Incidence coloring of pseudo-Halin graphs

An incidence of a graph G is a pair (v,e) with v∈V(G), e∈E(G), such that v and e are incident. Two distinct incidences (v,e) and (w,f) are adjacent if one of the following holds: (i) v=w, or (ii) v and w are adjacent and vw∈{e,f}. An incidence coloring of a graph G is a mapping from the set of incidences to a color set such that adjacent incidences of G are assigned distinct colors. The incidence chromatic number is the minimum number of colors needed. The incidence coloring conjecture (ICC) stated that the incidence chromatic number of a graph G is at most Δ(G)+2, where Δ(G) is the maximum degree of the graph.
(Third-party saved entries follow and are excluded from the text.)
-- ===== src/Capture/Run/Live.antt =====
-- A started run can always come to its end.
use dragon_sniff.Prelude.{String, Bool, true, false, ◌||◌, ◌≡◌, refl, arith}
use dragon_sniff.Prelude.Int.{ℤ}
use dragon_sniff.Capture.Annotate.{Phase, idle, running, stopping, completed, cancelled, failed}
use dragon_sniff.Capture.Run.{
  Worker, absent, created, lost, sampling, leaving, recording, settled, exited, Run, is_terminal,
  is_stopping, finish_if_complete, outcome_of_body, final_phase, Step, Reach,
}
use dragon_sniff.Capture.Run.Ended.{Consistent, HasEnded, Step-Consistent, Reach-Consistent}

-- A series of steps.
pub data Leads (str_of_int : ℤ → String) : Worker → Run → Worker → Run → Type 0 where
  stays : {w : Worker} {s : Run} → Leads str_of_int w s w s
  first :
      {w v u : Worker} {s t r : Run}
      → Step str_of_int w s v t
      → Leads str_of_int v t u r
      → Leads str_of_int w s u r

pub record Finishes (str_of_int : ℤ → String) (w : Worker) (s : Run) : Type 0 where
  pub worker : Worker
  pub run : Run
  pub leads : Leads str_of_int w s worker run
  pub finished : run.finished ≡ true

onward :
    {p : ℤ → String} {w v : Worker} {s t : Run} → Step p w s v t → Finishes p v t → Finishes p w s
onward x f = record {
  worker = f.worker;
  run = f.run;
  leads = Leads.first x f.leads;
  finished = f.finished;
}

terminal_not_stopping : (phase : Phase) → is_terminal phase ≡ true → is_stopping phase ≡ false
terminal_not_stopping idle h = refl
terminal_not_stopping running h = refl
terminal_not_stopping stopping h = cc
terminal_not_stopping completed h = refl
terminal_not_stopping cancelled h = refl
terminal_not_stopping failed h = refl

or_true : (a : Bool) → (a || true) ≡ true
or_true a = ground arith

check_finishes :
    (s : Run)
    → HasEnded s
    → (finish_if_complete (record s { source_alive = false })).finished ≡ true
unfolding finish_if_complete
check_finishes s h =
    rw (h.no_connection, terminal_not_stopping s.phase h.terminal, h.terminal) (or_true s.finished)

-- From each place of the worker.
settled-Finishes : (p : ℤ → String) (s : Run) → HasEnded s → Finishes p settled s
settled-Finishes p s h = onward Step.source_ends (
    onward Step.worker_checks
      (record { worker = settled; run = _; leads = Leads.stays; finished = check_finishes s h }))

exited-Finishes : (p : ℤ → String) (s : Run) → HasEnded s → Finishes p exited s
exited-Finishes p s h = onward Step.source_ends (
    onward (Step.caller_checks refl)
      (record { worker = exited; run = _; leads = Leads.stays; finished = check_finishes s h }))

recording-Finishes :
    (p : ℤ → String) (final : Phase) (s : Run)
    → Consistent (recording final) s
    → Finishes p (recording final) s
recording-Finishes p final s h =
    let x = Step.records in onward x (settled-Finishes p _ (Step-Consistent {p = p} x h))

leaving-Finishes :
    (p : ℤ → String) (outcome : Phase) (s : Run)
    → Consistent (leaving outcome) s
    → Finishes p (leaving outcome) s
leaving-Finishes p outcome s h =
    let x = Step.completes in
    onward x (recording-Finishes p (final_phase outcome s) _ (Step-Consistent {p = p} x h))

sampling-Finishes : (p : ℤ → String) (s : Run) → Consistent sampling s → Finishes p sampling s
sampling-Finishes p s h =
    let x = Step.leaves false false (λ e. cc) in
    onward x (leaving-Finishes p (outcome_of_body false false) _ (Step-Consistent {p = p} x h))

abbrev pub was_started : Worker → Bool
was_started absent = false
was_started lost = false
was_started _ = true

-- No interleaving gets a capture stuck whose thread was made and whose start raised nothing: from each
-- state that is reached, whatever failed since, some further steps make it finished.
pub Reach-Finishes :
    (str_of_int : ℤ → String) (w : Worker) (s : Run)
    → Reach str_of_int w s
    → was_started w ≡ true
    → Finishes str_of_int w s
Reach-Finishes p absent s r h = cc
Reach-Finishes p lost s r h = cc
Reach-Finishes p created s r h =
    onward Step.thread_starts (sampling-Finishes p s (Reach-Consistent r).0)
Reach-Finishes p sampling s r h = sampling-Finishes p s (Reach-Consistent r)
Reach-Finishes p (leaving outcome) s r h = leaving-Finishes p outcome s (Reach-Consistent r)
Reach-Finishes p (recording final) s r h = recording-Finishes p final s (Reach-Consistent r)
Reach-Finishes p settled s r h = settled-Finishes p s (Reach-Consistent r)
Reach-Finishes p exited s r h = exited-Finishes p s (Reach-Consistent r)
Although the conjecture is false in general, it is valid for some classes of graphs. Maydanskiy (2005) [9] proved the ICC for any graph with Δ(G)=3. Li and Tu (2008) [7] proved that it is NP-complete to determine whether a general graph is incidence k-colorable. In this paper, we consider pseudo-Halin graphs and show that the incidence chromatic number of a 3-regular (pseudo-)Halin graph G other than W4 is 5. A pseudo-Halin graph G with Δ(G)≥4 has an incidence (Δ(G)+2)-coloring.